# World's Best Ag University?



## Vol (Jul 5, 2009)

This report ranks the top 200 agricultural universities.

Regards, Mike

http://www.agweb.com/article/the_worlds_number_1_ag_university_is/


----------



## purdue_boilermaker (Sep 20, 2011)

I am biased to my alma mater (Purdue) and glad to see them coming in at #6. Looks like a pretty solid list of US universities in the top ten.


----------



## Vol (Jul 5, 2009)

Purdue is a great school....I personally would compare them with any U.S. agricultural universtiy.

Regards, Mike


----------



## haybaler101 (Nov 30, 2008)

Boiler UP all the way.

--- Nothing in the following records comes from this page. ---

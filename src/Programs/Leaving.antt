-- ===== src/Programs/Leaving.antt =====
-- client.cpp when the calls of asio succeed: the datagrams that come between the lines, and
-- DisconnectAndStop, whose wait ends with the handler of the receive that it has cancelled.
use kernel_udp_tcp.Prelude.{
  ℕ, ◌+◌, ◌%◌, ◌^◌, ◌<◌, ◌≡◌, refl, sym, ap, ◌∙◌, true, false, List, [], ◌∷◌, ◌++◌, Option, none,
  some, length, length-append, All, Text, arith, if-not,
}
use kernel_udp_tcp.Asio.{Asio, Endpoint, ErrorCode, Bytes, Executor, executor, operation_aborted}
use kernel_udp_tcp.Asio.Action.{Outcome, ok, throw, state, skip, ok->>=}
use kernel_udp_tcp.UdpClient.{
  UdpClient, Task, Callback, disconnect_handler, submit, on_disconnected,
}
use kernel_udp_tcp.UdpClient.Connection.{disconnect, run_disconnect, disconnect_dispatched}
use kernel_udp_tcp.UdpClient.Receive.{finish_receive, run_receive, delivered}
use kernel_udp_tcp.UdpClient.Step.{Completion, run_task}
use kernel_udp_tcp.Programs.MulticastServer.{is_mark}
use kernel_udp_tcp.Programs.MulticastClient.{multicast_client}
use kernel_udp_tcp.Programs.Listening.{Datagram, Listening, arrive_all, heard, arrive_all-heard}
use kernel_udp_tcp.Programs.ClientLoop.{
  Round, client_loop, client_loop-unmarked, disconnect_and_stop, disconnect_and_stop-round,
  disconnect-stopped, found, gone,
}
use kernel_udp_tcp.Programs.ClientMain.{listen}
use kernel_udp_tcp.Programs.Disconnected.{Line}

-- A line that is neither empty nor a `!`, with the datagrams that came before it, each shorter than
-- a buffer.
abbrev pub Typed : ℕ → Text × List Datagram → Type 0
Typed room (l, ds) = (0 < length l) × (is_mark l ≡ false) × All (λ d. length d.1 < room) ds

-- All datagrams that came.
abbrev pub came : List (Text × List Datagram) → List Datagram
came [] = []
came ((l, ds) ∷ rest) = ds ++ came rest

heard-append :
    (ds es : List Datagram) (calls : List Callback)
    → heard (ds ++ es) calls ≡ heard es (heard ds calls)
heard-append [] es calls = refl
heard-append ((e, b) ∷ ds) es calls = heard-append ds es _

module _ {Socket : Type 0} (asio : Asio Socket) (multicast : Text) where
  -- The lines, before each of which its datagrams arrive.
  abbrev pub between : List (Text × List Datagram) → List (Line asio multicast)
  between [] = []
  between ((l, ds) ∷ rest) =
      (l, (λ s. state (arrive_all asio (multicast_client asio false multicast) ds s)), [])
      ∷ between rest

  client_loop-heard :
      (room : ℕ) (lines : List (Text × List Datagram)) (s : UdpClient Socket)
      → Listening room s
      → s.datagrams_received < 2 ^ 64
      → All (Typed room) lines
      → (t : UdpClient Socket) × (client_loop asio multicast (between lines) s ≡ some (ok tt t))
        × Listening room t
        × (t.calls ≡ heard (came lines) s.calls)
        × (t.datagrams_received ≡ (s.datagrams_received + length (came lines)) % 2 ^ 64)
        × (t.socket ≡ s.socket)
  unfolding client_loop
  client_loop-heard room [] s l fits h = (s, refl, l, refl, omega (arith, fits), refl)
  client_loop-heard room ((line, ds) ∷ rest) s l fits h =
      let go_on = client_loop asio multicast (between rest) in
      let (t, run, again, calls, counted, kept) =
        arrive_all-heard asio false multicast room ds s l fits h.0.2 in
      let (u, looped, still, all, total, same) =
        client_loop-heard room rest t again (omega (arith, counted)) h.1 in
      (
        u,
        client_loop-unmarked asio multicast line _ [] (between rest) s h.0.0 h.0.1
            ∙ ap (λ o. go_on (state o)) run
            ∙ looped,
        still,
        all ∙ ap (heard (came rest)) calls ∙ sym (heard-append ds (came rest) s.calls),
        omega (arith, total, counted, length-append ds (came rest)),
        same ∙ kept,
      )

  -- The oldest handler is run, with what asio tells it, while _stop is set.
  abbrev pub takes : Completion → Round asio multicast
  takes c s = elim (s.pending) [
    | [] ↦ s
    | (x, t) ∷ rest ↦
        state
          (run_task asio (multicast_client asio true multicast) c t (record s { pending = rest }))
  ]

  -- The client when its cancelled receive is over, and what its handler then leaves.
  abbrev released : Endpoint → Bytes → UdpClient Socket → UdpClient Socket
  released e b s = record (delivered asio (multicast_client asio true multicast) e b s) {
    receiving = false;
  }

  abbrev left_by : Endpoint → Bytes → UdpClient Socket → UdpClient Socket
  left_by e b s = gone asio multicast (found asio multicast (released e b s))

  run_receive-cancelled :
      (e : Endpoint) (b : Bytes) (s : UdpClient Socket)
      → s.connected ≡ true
      → (asio.close (asio.cancel s.socket).0).1 ≡ none
      → run_receive asio (multicast_client asio true multicast) (some operation_aborted) e b s
        ≡ ok tt (left_by e b s)
  unfolding run_receive finish_receive disconnect_dispatched run_disconnect
  run_receive-cancelled e b s on closes =
      if-not _ _ on
      ∙ (if-not _ _ on
          ∙ ok->>= (disconnect asio (multicast_client asio true multicast)) (λ _. skip)
              (found asio multicast (released e b s))
              (disconnect-stopped asio multicast (found asio multicast (released e b s)) on closes))

  -- The client that DisconnectAndStop has cancelled, without its receive.
  abbrev emptied : UdpClient Socket → UdpClient Socket
  emptied s = record (found asio multicast s) {
    pending = (executor s.strand_required, disconnect_handler) ∷ [];
  }

  takes-Listening :
      (room : ℕ) (c : Completion) (s : UdpClient Socket)
      → Listening room s
      → c.error ≡ some operation_aborted
      → (asio.close (asio.cancel (asio.cancel s.socket).0).0).1 ≡ none
      → takes c (submit disconnect_handler (found asio multicast s))
        ≡ left_by c.endpoint c.bytes (emptied s)
  unfolding run_task
  takes-Listening room c s l cut closes =
      ap
        (λ (p : List (Executor × Task)). takes c (record (found asio multicast s) {
          pending = p ++ (executor s.strand_required, disconnect_handler) ∷ [];
        }))
        l.under_way
      ∙ ap
          (λ (o : Option ErrorCode). state (
            run_receive asio (multicast_client asio true multicast) o c.endpoint c.bytes
              (emptied s)))
          cut
      ∙ ap (λ (o : Outcome (UdpClient Socket) (Unit {0})). state o)
          (run_receive-cancelled c.endpoint c.bytes (emptied s) l.connected closes)

  -- DisconnectAndStop of a client that listens.
  pub disconnect_and_stop-Listening :
      (room : ℕ) (c : Completion) (rest : List (Round asio multicast)) (s : UdpClient Socket)
      → Listening room s
      → c.error ≡ some operation_aborted
      → (asio.close (asio.cancel (asio.cancel s.socket).0).0).1 ≡ none
      → (t : UdpClient Socket) × (disconnect_and_stop asio multicast (takes c ∷ rest) s
          ≡ some (ok tt t))
        × (t.connected ≡ false)
        × (t.calls ≡ on_disconnected ∷ s.calls)
        × (t.datagrams_received ≡ s.datagrams_received)
        × (t.socket ≡ (asio.close (asio.cancel (asio.cancel s.socket).0).0).0)
        × (x : Executor) × (t.pending ≡ (x, disconnect_handler) ∷ [])
  disconnect_and_stop-Listening room c rest s l cut closes = (
    left_by c.endpoint c.bytes (emptied s),
    disconnect_and_stop-round asio multicast (takes c) rest s _ l.connected
        (takes-Listening room c s l cut closes) refl,
    refl,
    refl,
    refl,
    refl,
    executor s.strand_required,
    refl,
  )

  -- The loop over the lines, and DisconnectAndStop.
  pub listen-heard :
      (room : ℕ) (lines : List (Text × List Datagram)) (c : Completion)
      (rest : List (Round asio multicast)) (s : UdpClient Socket)
      → Listening room s
      → s.datagrams_received < 2 ^ 64
      → All (Typed room) lines
      → c.error ≡ some operation_aborted
      → (asio.close (asio.cancel (asio.cancel s.socket).0).0).1 ≡ none
      → (t : UdpClient Socket) × (listen asio multicast (between lines) (takes c ∷ rest) s
          ≡ some (ok tt t))
        × (t.connected ≡ false)
        × (t.calls ≡ on_disconnected ∷ heard (came lines) s.calls)
        × (t.datagrams_received ≡ (s.datagrams_received + length (came lines)) % 2 ^ 64)
        × (t.socket ≡ (asio.close (asio.cancel (asio.cancel s.socket).0).0).0)
        × (x : Executor) × (t.pending ≡ (x, disconnect_handler) ∷ [])
  unfolding listen
  listen-heard room lines c rest s l fits typed cut closes =
      let (t, looped, still, all, total, same) = client_loop-heard room lines s l fits typed in
      let (u, stopped, off, calls, counted, closed, x, left) =
        disconnect_and_stop-Listening room c rest t still cut
          (ap (λ k. (asio.close (asio.cancel (asio.cancel k).0).0).1) same ∙ closes) in
      (
        u,
        ap go_on looped ∙ stopped,
        off,
        calls ∙ ap (◌∷◌ on_disconnected) all,
        counted ∙ total,
        closed ∙ ap (λ k. (asio.close (asio.cancel (asio.cancel k).0).0).0) same,
        x,
        left,
      )
    where
      go_on :
          Option (Outcome (UdpClient Socket) (Unit {0}))
          → Option (Outcome (UdpClient Socket) (Unit {0}))
      go_on none = none
      go_on (some (ok done t)) = disconnect_and_stop asio multicast (takes c ∷ rest) t
      go_on (some (throw e t)) = some (throw e t)
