-- ===== src/Programs/ClientEnding.antt =====
-- client.cpp when the calls of asio succeed: what it hears, and that it ends.
use kernel_udp_tcp.Prelude.{
  ℕ, ◌%◌, ◌^◌, ◌≡◌, refl, ap, sym, subst, ◌∙◌, true, false, not, if-true, List, [], ◌∷◌, Option,
  none, some, length, All, Text, arith,
}
use kernel_udp_tcp.Asio.{Asio, Executor, Bytes, Endpoint, InternetProtocol, operation_aborted}
use kernel_udp_tcp.Asio.Action.{Outcome, ok, skip, ok->>=}
use kernel_udp_tcp.Asio.Success.{Succeeds}
use kernel_udp_tcp.Service.Lifecycle
use kernel_udp_tcp.Service.Lifecycle.{Move, runs, leaves}
use kernel_udp_tcp.UdpClient.{
  UdpClient, Task, disconnect_handler, of_address, connect_handler, submit, is_positive,
  on_connected, on_joined, on_disconnected,
}
use kernel_udp_tcp.UdpClient.Connection.{
  is_empty, run_connect, connect_async, run_disconnect, disconnect,
}
use kernel_udp_tcp.UdpClient.Step.{Completion, run_task}
use kernel_udp_tcp.Programs.Turns.{World, settled, taken, turn, turns, finish}
use kernel_udp_tcp.Programs.MulticastClient.{multicast_client}
use kernel_udp_tcp.Programs.ClientLoop.{Round}
use kernel_udp_tcp.Programs.Connecting.{run_connect-Listening}
use kernel_udp_tcp.Programs.ClientMain.{handle, oldest, listen, set_up, listens_on, main}
use kernel_udp_tcp.Programs.Going.{going, gone, start_goes, stop_goes}
use kernel_udp_tcp.Programs.Listening.{Datagram, heard}
use kernel_udp_tcp.Programs.Leaving.{Typed, came, between, takes, listen-heard}

module _ {Socket : Type 0} (asio : Asio Socket) (multicast : Text) where
  turn_connects :
      (c : Completion) (s u : UdpClient Socket)
      → run_connect asio (multicast_client asio false multicast) (record s { pending = [] })
        ≡ ok tt u
      → turns
          (oldest asio multicast false)
          (c ∷ [])
          (record { object = submit connect_handler (record s { pending = [] }); service = going })
        ≡ record { object = u; service = going }
  unfolding turns turn taken handle settled run_task
  turn_connects c s u e = ap (λ o. settled o going) e

  -- The handler of DisconnectAsync finds the client disconnected.
  turn_idle :
      (c : Completion) (t : UdpClient Socket) (x : Executor)
      → t.connected ≡ false
      → t.pending ≡ (x, disconnect_handler) ∷ []
      → turns (oldest asio multicast true) (c ∷ []) (record { object = t; service = going })
        ≡ record { object = record t { pending = [] }; service = going }
  unfolding turns turn taken handle settled run_task run_disconnect disconnect
  turn_idle c t x off posted =
      ap
        (λ (p : List (Executor × Task)).
          turns (oldest asio multicast true) (c ∷ [])
            (record { object = record t { pending = p }; service = going }))
        posted
      ∙ ap (λ o. settled o going)
          (ok->>= (disconnect asio (multicast_client asio true multicast)) (λ _. skip)
            (record t { pending = [] }) (if-true _ _ (ap not off)))

  finish_goes :
      (c : Completion) (more : List Move) (t : UdpClient Socket) (x : Executor)
      → t.connected ≡ false
      → t.pending ≡ (x, disconnect_handler) ∷ []
      → finish
          (oldest asio multicast true)
          (c ∷ [])
          (runs 0 ∷ leaves 0 ∷ more)
          going
          (some (ok tt t))
        ≡ some (ok tt (record { object = record t { pending = [] }; service = gone }))
  unfolding finish
  finish_goes c more t x off posted =
      ap
        (λ (w : World (UdpClient Socket)).
          elim (Lifecycle.stop (runs 0 ∷ leaves 0 ∷ more) w.service)
            as (λ _. Option (Outcome (World (UdpClient Socket)) (Unit {0}))) [
              | none ↦ none
              | some (done, service, rest) ↦
                  some (ok tt (record { object = w.object; service = service }))
            ])
        (turn_idle c t x off posted)
      ∙ ap
          (λ (o : Lifecycle.Outcome).
            elim o as (λ _. Option (Outcome (World (UdpClient Socket)) (Unit {0}))) [
              | none ↦ none
              | some (done, service, rest) ↦
                  some (ok tt (record { object = record t { pending = [] }; service = service }))
            ])
          (stop_goes more)

  module _ (IsClosed IsOpen : Socket → Type 0) (room : ℕ)
      (works : Succeeds asio IsClosed IsOpen room)
      (cancels : (k : Socket) → IsOpen k → IsOpen (asio.cancel k).0)
      (group : InternetProtocol × Text) (valid : asio.make_address multicast ≡ some group) where
    -- The program of client.cpp ends, and what it has called is onConnected, onJoinedMulticastGroup,
    -- then onReceived with every datagram that came before a line was read, with its sender and in
    -- the order of arrival, and last onDisconnected; it has counted the datagrams, its socket is
    -- closed, and the service is stopped. Every call of asio succeeds, cancel leaves a socket open,
    -- the addresses and the port are valid, the lines are neither empty nor a `!`, the datagrams are
    -- shorter than the buffer, and the thread of the service runs the start of the service, the
    -- connect before the lines are read, and after them the cancelled receive, the handler of
    -- DisconnectAsync and the stop.
    pub client_main_ends :
        (id : Bytes) (socket : Socket) (unset : Endpoint) (address : Text) (port : ℕ)
        (starting ending : List Move) (c d e : Completion) (lines : List (Text × List Datagram))
        (rounds : List (Round asio multicast)) (h : InternetProtocol × Text)
        → IsClosed socket
        → is_empty address ≡ false
        → asio.make_address address ≡ some h
        → is_positive port ≡ true
        → All (Typed room) lines
        → d.error ≡ some operation_aborted
        → (w : World (UdpClient Socket)) × (main asio multicast id socket unset address port
              (runs 0 ∷ starting)
              (c ∷ [])
              (between asio multicast lines)
              (takes asio multicast d ∷ rounds)
              (e ∷ [])
              (runs 0 ∷ leaves 0 ∷ ending)
            ≡ some (ok tt w))
          × (w.object.calls
              ≡ on_disconnected ∷ heard (came lines) (on_joined multicast ∷ on_connected ∷ []))
          × (w.object.datagrams_received ≡ length (came lines) % 2 ^ 64)
          × (w.object.connected ≡ false)
          × IsClosed w.object.socket
          × (w.object.pending ≡ [])
          × (w.service.started ≡ false)
    unfolding main listens_on connect_async
    client_main_ends id socket unset address port starting ending c d e lines rounds h closed named
          reached positive typed cut =
        let s = set_up asio multicast (of_address id false socket unset address port) in
        let (t, connected, listens, calls, zeroed, on_open) =
          run_connect-Listening asio IsClosed IsOpen room works false multicast group valid s
            (record {
              host = h;
              named = named;
              valid = reached;
              port = positive;
              down = refl;
              free = refl;
              idle = refl;
            })
            closed in
        let shut = works.closes _ (cancels _ (cancels _ on_open)) in
        let (u, run, off, all, total, socket_of, x, posted) =
          listen-heard asio multicast room lines d rounds t listens (omega (arith, zeroed)) typed
            cut shut.0 in
        (
          record { object = record u { pending = [] }; service = gone },
          ap goes (start_goes starting)
              ∙ ap
                  (λ (w : World (UdpClient Socket)).
                    finish (oldest asio multicast true) (e ∷ []) (runs 0 ∷ leaves 0 ∷ ending)
                      w.service
                      (listen asio multicast (between asio multicast lines)
                        (takes asio multicast d ∷ rounds) w.object))
                  (turn_connects c s t connected)
              ∙ ap (finish (oldest asio multicast true) (e ∷ []) (runs 0 ∷ leaves 0 ∷ ending) going)
                  run
              ∙ finish_goes e ending u x off posted,
          all ∙ ap (λ l. on_disconnected ∷ heard (came lines) l) calls,
          omega (arith, total, zeroed),
          off,
          subst IsClosed (sym socket_of) shut.1,
          refl,
          refl,
        )
      where
        goes : Lifecycle.Outcome → Option (Outcome (World (UdpClient Socket)) (Unit {0}))
        goes none = none
        goes (some (done, service, rest)) =
            listens_on asio multicast (of_address id false socket unset address port) (c ∷ [])
              (between asio multicast lines) (takes asio multicast d ∷ rounds) (e ∷ [])
              (runs 0 ∷ leaves 0 ∷ ending) service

My alma mater also.


----------



## JD3430 (Jan 1, 2012)

Good to see my alma matter made it (Penn State)


----------



## mlappin (Jun 25, 2009)

Purdue fan here as well, unfortunately though with the release of this report I have to admit that something in California is actually useful.


----------



## Teslan (Aug 20, 2011)

Do any of you guys have an ag degree? I don't. Just a business marketing degree. It seems anyone I've met with an actual ag degree of any type is not an actual farmer. Nothing wrong with that. Just an observation.


----------



## haybaler101 (Nov 30, 2008)

A.S. in agriculture from Vincennes University and B.S. from Purdue in animal science. And I am a full time farmer, plus work nutrition/sales job.


----------



## mlappin (Jun 25, 2009)

Teslan said:


> Do any of you guys have an ag degree? I don't. Just a business marketing degree. It seems anyone I've met with an actual ag degree of any type is not an actual farmer. Nothing wrong with that. Just an observation.


Nope, decided to skip the 15K cover charge and stayed home to drink.


----------



## purdue_boilermaker (Sep 20, 2011)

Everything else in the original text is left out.